EXTRACTED MATERIAL below:
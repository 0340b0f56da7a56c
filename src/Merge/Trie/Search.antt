-- ===== src/Merge/Trie/Search.antt =====
-- The children of a trie node: the order that getOrCreateChild keeps, and what a search finds.
use hivekit.Common.{
  ◌≡◌, refl, sym, ap, subst, ◌∙◌, arith, [], ◌∷◌, true, false, Option, none, some, Bool-cases, inl,
  inr, if◌then◌else◌, if-both,
}
use hivekit.Common.Bytes.{Bytes}
use hivekit.Format.Consts.{bytes_equal, bytes_equal_self, bytes_equal-≡, bytes_equal_comm}
use hivekit.Merge.Names.{name_lt}
use hivekit.Merge.Trie.{Node, node, Children, no_children, child, info, update_child}

name_lt_irrefl : (a : Bytes) → name_lt a a ≡ false
unfolding name_lt
name_lt_irrefl [] = refl
name_lt_irrefl (x ∷ a) = ground (arith, name_lt_irrefl a)

name_lt_trans : (a b c : Bytes) → name_lt a b ≡ true → name_lt b c ≡ true → name_lt a c ≡ true
unfolding name_lt
name_lt_trans [] b [] h k = ground arith
name_lt_trans [] b (z ∷ c) h k = refl
name_lt_trans (x ∷ a) [] c h k = cc
name_lt_trans (x ∷ a) (y ∷ b) [] h k = cc
name_lt_trans (x ∷ a) (y ∷ b) (z ∷ c) h k = ground (arith, name_lt_trans a b c)

name_lt_total : (a b : Bytes) → name_lt a b ≡ false → name_lt b a ≡ false → bytes_equal a b ≡ true
unfolding name_lt bytes_equal
name_lt_total [] [] h k = refl
name_lt_total [] (y ∷ b) h k = cc
name_lt_total (x ∷ a) [] h k = cc
name_lt_total (x ∷ a) (y ∷ b) h k = ground (arith, name_lt_total a b)

name_lt-apart : (a b : Bytes) → name_lt a b ≡ true → bytes_equal a b ≡ false
unfolding name_lt bytes_equal
name_lt-apart [] [] h = cc
name_lt-apart [] (y ∷ b) h = refl
name_lt-apart (x ∷ a) [] h = refl
name_lt-apart (x ∷ a) (y ∷ b) h = ground (arith, name_lt-apart a b)

abbrev pub key_of : Node → Bytes
key_of n = (info n).name_lower

-- All names are behind `key`, and each in front of the next ones: so no two are equal.
abbrev Above : Bytes → Children → Type 0
Above key no_children = Unit {0}
Above key (child n ns) = (name_lt key (key_of n) ≡ true) × Above key ns

unfoldable mutual
  pub IsTrie : Node → Type 0
  IsTrie (node i cs) = IsSortedTries cs

  pub IsSortedTries : Children → Type 0
  IsSortedTries no_children = Unit {0}
  IsSortedTries (child n ns) = IsTrie n × Above (key_of n) ns × IsSortedTries ns

abbrev pub find_child : Bytes → Children → Option Node
find_child key no_children = none
find_child key (child n ns) =
    let later = find_child key ns in if bytes_equal (key_of n) key then some n else later

abbrev pub or_fresh : Option Node → Node → Node
or_fresh none fresh = fresh
or_fresh (some n) fresh = n

Above-trans : (a b : Bytes) (ns : Children) → name_lt a b ≡ true → Above b ns → Above a ns
Above-trans a b no_children h k = tt
Above-trans a b (child n ns) h (k, rest) =
    (name_lt_trans a b (key_of n) h k, Above-trans a b ns h rest)

-- Behind every name of a list nothing of it is found.
find_child-Above :
    (key q : Bytes) (ns : Children)
    → Above key ns
    → bytes_equal key q ≡ true
    → find_child q ns ≡ none
find_child-Above key q no_children h e = refl
find_child-Above key q (child n ns) (h, rest) e =
    let same : key ≡ q = bytes_equal-≡ key q e in
    let lt : name_lt q (key_of n) ≡ true = subst (λ k. name_lt k (key_of n) ≡ true) same h in
    let apart : bytes_equal (key_of n) q ≡ false =
      bytes_equal_comm (key_of n) q ∙ name_lt-apart q (key_of n) lt in
    rw apart (find_child-Above key q ns rest e)

module _ (key : Bytes) (fresh : Node) (f : Node → Node) (fresh_key : key_of fresh ≡ key)
    (keeps_key : (n : Node) → key_of (f n) ≡ key_of n) where
  -- The search in the updated children: the child at `key`, found or fresh, is the updated one, and
  -- the others are as they were.
  pub find_child-update_child :
      (q : Bytes) (ns : Children)
      → IsSortedTries ns
      → find_child q (update_child key fresh f ns) ≡ (
          if bytes_equal key q
          then some (f (or_fresh (find_child key ns) fresh))
          else find_child q ns)
  unfolding update_child IsSortedTries
  find_child-update_child q no_children h =
      let k : key_of (f fresh) ≡ key = keeps_key fresh ∙ fresh_key in rw k refl
  find_child-update_child q (child n ns) (t, above, h) =
      let k : key_of (f fresh) ≡ key = keeps_key fresh ∙ fresh_key in
      let kn : key_of (f n) ≡ key_of n = keeps_key n in
      elim (Bool-cases (name_lt (key_of n) key)) [
        | inl before ↦
            let apart : bytes_equal (key_of n) key ≡ false = name_lt-apart (key_of n) key before in
            let ih = find_child-update_child q ns h in
            let exclusive : bytes_equal key q ≡ true → bytes_equal (key_of n) q ≡ false =
              λ e. subst (λ z. bytes_equal (key_of n) z ≡ false) (bytes_equal-≡ key q e) apart in
            ground (arith, before, apart, ih, exclusive)
        | inr nb ↦ elim (Bool-cases (name_lt key (key_of n))) [
          | inl behind ↦
              let apart : bytes_equal (key_of n) key ≡ false =
                bytes_equal_comm (key_of n) key ∙ name_lt-apart key (key_of n) behind in
              let gone : find_child key ns ≡ none =
                find_child-Above key key ns (Above-trans key (key_of n) ns behind above)
                  (bytes_equal_self key) in
              rw (nb, behind, k, apart, gone) refl
          | inr na ↦
              let here : bytes_equal (key_of n) key ≡ true = name_lt_total (key_of n) key nb na in
              let same : bytes_equal (key_of n) q ≡ bytes_equal key q =
                ap (λ z. bytes_equal z q) (bytes_equal-≡ (key_of n) key here) in
              rw (nb, na, kn, here, same) (ground arith)
        ]
      ]

  Above-update_child :
      (a : Bytes) (ns : Children)
      → Above a ns
      → name_lt a key ≡ true
      → Above a (update_child key fresh f ns)
  unfolding update_child
  Above-update_child a no_children h lt =
      (subst (λ z. name_lt a z ≡ true) (sym (keeps_key fresh ∙ fresh_key)) lt, tt)
  Above-update_child a (child n ns) (h, above) lt =
      if-both (Above a) (name_lt (key_of n) key) (λ e. (h, Above-update_child a ns above lt))
        (λ e.
          if-both (Above a) (name_lt key (key_of n))
            (λ e'.
              (subst (λ z. name_lt a z ≡ true) (sym (keeps_key fresh ∙ fresh_key)) lt, (h, above)))
            (λ e'. (subst (λ z. name_lt a z ≡ true) (sym (keeps_key n)) h, above)))

  -- The order of the children stays.
  pub update_child-IsSortedTries :
      (ns : Children)
      → IsTrie (f fresh)
      → ((n : Node) → IsTrie n → IsTrie (f n))
      → IsSortedTries ns
      → IsSortedTries (update_child key fresh f ns)
  unfolding update_child IsSortedTries
  update_child-IsSortedTries no_children new keeps h = (new, tt, tt)
  update_child-IsSortedTries (child n ns) new keeps (t, above, h) =
      if-both IsSortedTries (name_lt (key_of n) key)
        (λ e.
          (t, Above-update_child (key_of n) ns above e, update_child-IsSortedTries ns new keeps h))
        (λ e.
          if-both IsSortedTries (name_lt key (key_of n))
            (λ e'. (
              new,
              subst (λ z. Above z (child n ns)) (sym (keeps_key fresh ∙ fresh_key))
                  (e', Above-trans key (key_of n) ns e' above),
              (t, above, h),
            ))
            (λ e'. (keeps n t, subst (λ z. Above z ns) (sym (keeps_key n)) above, h)))
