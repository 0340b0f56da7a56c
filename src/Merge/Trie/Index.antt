-- ===== src/Merge/Trie/Index.antt =====
-- The trie as an index of the operations by their path.
use hivekit.Common.{
  ℕ, ◌≡◌, refl, sym, ap, ◌∙◌, arith, List, [], ◌∷◌, ◌++◌, map, Bool, true, false, ◌&&◌, ◌||◌,
  Option, none, some, Bool-cases, if-both, inl, inr, if◌then◌else◌,
}
use hivekit.Common.Bytes.{Bytes}
use hivekit.Format.Consts.{bytes_equal, bytes_equal-≡, invalid_offset}
use hivekit.Merge.Trie.{
  OpType, op_ensure_key, op_delete_key, op_set_value, op_delete_value, op_other, Op, ValueOp,
  value_op, Node, node, Children, no_children, child, Info, info, attach_info, attach_op, new_node,
  attach_at, build_from, build,
}
use hivekit.Merge.Trie.Search.{
  key_of, IsTrie, IsSortedTries, find_child, or_fresh, find_child-update_child,
  update_child-IsSortedTries,
}

abbrev below : (Node → Option Node) → Option Node → Option Node
below next none = none
below next (some n) = next n

-- The node at a path of lower-case names.
pub find : List Bytes → Node → Option Node
find [] n = some n
find (key ∷ path) (node i cs) = below (find path) (find_child key cs)

-- What a node says of its own key.
pub record Contents : Type 0 where
  pub values : List ValueOp
  pub delete_key : Bool
  pub ensure_key : Bool

abbrev nothing : Contents
nothing = record { values = []; delete_key = false; ensure_key = false }

abbrev of_info : Info → Contents
of_info i = record { values = i.values; delete_key = i.delete_key; ensure_key = i.ensure_key }

abbrev pub contents : Option Node → Contents
contents none = nothing
contents (some n) = of_info (info n)

-- What one operation asks for, alone, and two lists of operations one behind the other.
abbrev asked_by : OpType → Op → Contents
asked_by op_ensure_key op = record { values = []; delete_key = false; ensure_key = true }
asked_by op_delete_key op = record { values = []; delete_key = true; ensure_key = false }
asked_by op_set_value op = record {
  values = value_op op false ∷ [];
  delete_key = false;
  ensure_key = false;
}
asked_by op_delete_value op = record {
  values = value_op op true ∷ [];
  delete_key = false;
  ensure_key = false;
}
asked_by (op_other n) op = nothing

abbrev both : Contents → Contents → Contents
both a b = record {
  values = a.values ++ b.values;
  delete_key = a.delete_key || b.delete_key;
  ensure_key = a.ensure_key || b.ensure_key;
}

abbrev paths_equal : List Bytes → List Bytes → Bool
paths_equal [] [] = true
paths_equal [] (k ∷ q) = false
paths_equal (k ∷ p) [] = false
paths_equal (k ∷ p) (l ∷ q) = bytes_equal k l && paths_equal p q

-- The operations on a path, whatever the case of its letters, in their order.
abbrev pub asked_at : (Bytes → Bytes) → List Bytes → List Op → Contents
asked_at lower path [] = nothing
asked_at lower path (op ∷ ops) =
    if paths_equal (map lower op.key_path) path
    then both (asked_by op.type op) (asked_at lower path ops)
    else asked_at lower path ops

append_nil : (xs : List ValueOp) → xs ++ [] ≡ xs
append_nil [] = refl
append_nil (x ∷ xs) = ap (λ t. x ∷ t) (append_nil xs)

attach_info-both :
    (t : OpType) (op : Op) (i : Info)
    → of_info (attach_info t op i) ≡ both (of_info i) (asked_by t op)
attach_info-both op_ensure_key op i = ground (arith, append_nil i.values)
attach_info-both op_delete_key op i = ground (arith, append_nil i.values)
attach_info-both op_set_value op i = ground arith
attach_info-both op_delete_value op i = ground arith
attach_info-both (op_other n) op i = ground (arith, append_nil i.values)

module _ (lower : Bytes → Bytes) (unicode_hash : Bytes → ℕ) where
  abbrev fresh : Bytes → Node
  fresh component = new_node lower unicode_hash component invalid_offset

  abbrev attach : Op → List Bytes → Node → Node
  attach = attach_at lower unicode_hash

  fresh_key : (component : Bytes) → key_of (fresh component) ≡ lower component
  unfolding new_node
  fresh_key component = refl

  fresh-IsTrie : (component : Bytes) → IsTrie (fresh component)
  unfolding new_node IsTrie
  fresh-IsTrie component = tt

  contents-find-fresh :
      (component : Bytes) (q : List Bytes) → contents (find q (fresh component)) ≡ nothing
  unfolding new_node find
  contents-find-fresh component [] = refl
  contents-find-fresh component (k ∷ q) = refl

  attach_info_key :
      (t : OpType) (op : Op) (i : Info) → (attach_info t op i).name_lower ≡ i.name_lower
  attach_info_key op_ensure_key op i = refl
  attach_info_key op_delete_key op i = refl
  attach_info_key op_set_value op i = refl
  attach_info_key op_delete_value op i = refl
  attach_info_key (op_other n) op i = refl

  attach_key : (op : Op) (path : List Bytes) (n : Node) → key_of (attach op path n) ≡ key_of n
  unfolding attach_at attach_op
  attach_key op [] (node i cs) = attach_info_key op.type op i
  attach_key op (component ∷ path) (node i cs) = refl

  attach-IsTrie : (op : Op) (path : List Bytes) (n : Node) → IsTrie n → IsTrie (attach op path n)
  unfolding attach_at attach_op IsTrie
  attach-IsTrie op [] (node i cs) h = h
  attach-IsTrie op (component ∷ path) (node i cs) h =
      update_child-IsSortedTries (lower component) (fresh component) (attach op path)
        (fresh_key component) (attach_key op path) cs
        (attach-IsTrie op path (fresh component) (fresh-IsTrie component))
        (λ n t. attach-IsTrie op path n t) h

  or_fresh-IsTrie :
      (key : Bytes) (component : Bytes) (cs : Children)
      → IsSortedTries cs
      → IsTrie (or_fresh (find_child key cs) (fresh component))
  unfolding IsTrie
  or_fresh-IsTrie key component no_children h = fresh-IsTrie component
  or_fresh-IsTrie key component (child n ns) (t, above, h) =
      if-both (λ (o : Option Node). IsTrie (or_fresh o (fresh component)))
        (bytes_equal (key_of n) key) (λ e. t) (λ e. or_fresh-IsTrie key component ns h)

  contents-or_fresh :
      (component : Bytes) (q : List Bytes) (o : Option Node)
      → contents (find q (or_fresh o (fresh component))) ≡ contents (below (find q) o)
  contents-or_fresh component q none = contents-find-fresh component q
  contents-or_fresh component q (some n) = refl

  -- What one operation changes: the contents at its own path.
  contents-attach :
      (op : Op) (path q : List Bytes) (n : Node)
      → IsTrie n
      → contents (find q (attach op path n)) ≡ (
          if paths_equal (map lower path) q
          then both (contents (find q n)) (asked_by op.type op)
          else contents (find q n))
  unfolding attach_at attach_op find IsTrie
  contents-attach op [] [] (node i cs) h = attach_info-both op.type op i
  contents-attach op [] (k ∷ q) (node i cs) h = refl
  contents-attach op (component ∷ path) [] (node i cs) h = refl
  contents-attach op (component ∷ path) (k ∷ q) (node i cs) h =
      let key : Bytes = lower component in
      let old : Node = or_fresh (find_child key cs) (fresh component) in
      let found =
        find_child-update_child key (fresh component) (attach op path) (fresh_key component)
          (attach_key op path) k cs h in
      let ih = contents-attach op path q old (or_fresh-IsTrie key component cs h) in
      let was = contents-or_fresh component q (find_child key cs) in
      elim (Bool-cases (bytes_equal key k)) [
        | inl here ↦
            let same : find_child key cs ≡ find_child k cs =
              ap (λ z. find_child z cs) (bytes_equal-≡ key k here) in
            ap (λ o. contents (below (find q) o)) found ∙ rw here (ih ∙ rw (was, same) refl)
        | inr other ↦ ap (λ o. contents (below (find q) o)) found ∙ rw other refl
      ]

append_assoc : (xs ys zs : List ValueOp) → (xs ++ ys) ++ zs ≡ xs ++ (ys ++ zs)
append_assoc [] ys zs = refl
append_assoc (x ∷ xs) ys zs = ap (λ t. x ∷ t) (append_assoc xs ys zs)

both-nothing : (a : Contents) → both a nothing ≡ a
both-nothing a = ground (arith, append_nil a.values)

both_assoc : (a b d : Contents) → both (both a b) d ≡ both a (both b d)
both_assoc a b d = ground (arith, append_assoc a.values b.values d.values)

module _ (lower : Bytes → Bytes) (unicode_hash : Bytes → ℕ) where
  build_from-IsTrie :
      (ops : List Op) (n : Node) → IsTrie n → IsTrie (build_from lower unicode_hash ops n)
  unfolding build_from
  build_from-IsTrie [] n h = h
  build_from-IsTrie (op ∷ ops) n h =
      build_from-IsTrie ops (attach_at lower unicode_hash op op.key_path n)
        (attach-IsTrie lower unicode_hash op op.key_path n h)

  contents-build_from :
      (ops : List Op) (q : List Bytes) (n : Node)
      → IsTrie n
      → contents (find q (build_from lower unicode_hash ops n))
        ≡ both (contents (find q n)) (asked_at lower q ops)
  unfolding build_from
  contents-build_from [] q n h = sym (both-nothing (contents (find q n)))
  contents-build_from (op ∷ ops) q n h =
      let n1 : Node = attach_at lower unicode_hash op op.key_path n in
      let ih = contents-build_from ops q n1 (attach-IsTrie lower unicode_hash op op.key_path n h) in
      let one = contents-attach lower unicode_hash op op.key_path q n h in
      let before : Contents = contents (find q n) in
      let rest : Contents = asked_at lower q ops in
      elim (Bool-cases (paths_equal (map lower op.key_path) q)) [
        | inl here ↦
            let now : contents (find q n1) ≡ both before (asked_by op.type op) =
              one ∙ rw here refl in
            ih
            ∙ ap (λ z. both z rest) now
            ∙ both_assoc before (asked_by op.type op) rest
            ∙ rw here refl
        | inr other ↦
            let now : contents (find q n1) ≡ before = one ∙ rw other refl in
            ih ∙ ap (λ z. both z rest) now ∙ rw other refl
      ]

  -- Whatever strings.ToLower is, the trie that Build makes of a list of operations is sorted
  -- without duplicates at every node, and at the node of a path stands what the operations on that
  -- path ask for, whatever the case of their letters: the values in their order, and whether the
  -- key is to be created or deleted.
  pub build-asked_at :
      (ops : List Op) (path : List Bytes)
      → IsTrie (build lower unicode_hash ops)
        × (contents (find path (build lower unicode_hash ops)) ≡ asked_at lower path ops)
  unfolding build
  build-asked_at ops path = (
    build_from-IsTrie ops (fresh lower unicode_hash []) (fresh-IsTrie lower unicode_hash []),
    contents-build_from ops path (fresh lower unicode_hash []) (fresh-IsTrie lower unicode_hash [])
        ∙ ap (λ z. both z (asked_at lower path ops))
            (contents-find-fresh lower unicode_hash [] path),
  )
End of EXTRACTED MATERIAL.
Please give an exact copy of the lines above, beginning with the line containing "attach_info-both op_delete_value op" and running through the line containing "fresh component = new_node", and of no other lines.

attach_info-both op_delete_value op i = ground arith
attach_info-both (op_other n) op i = ground (arith, append_nil i.values)

module _ (lower : Bytes → Bytes) (unicode_hash : Bytes → ℕ) where
  abbrev fresh : Bytes → Node
  fresh component = new_node lower unicode_hash component invalid_offset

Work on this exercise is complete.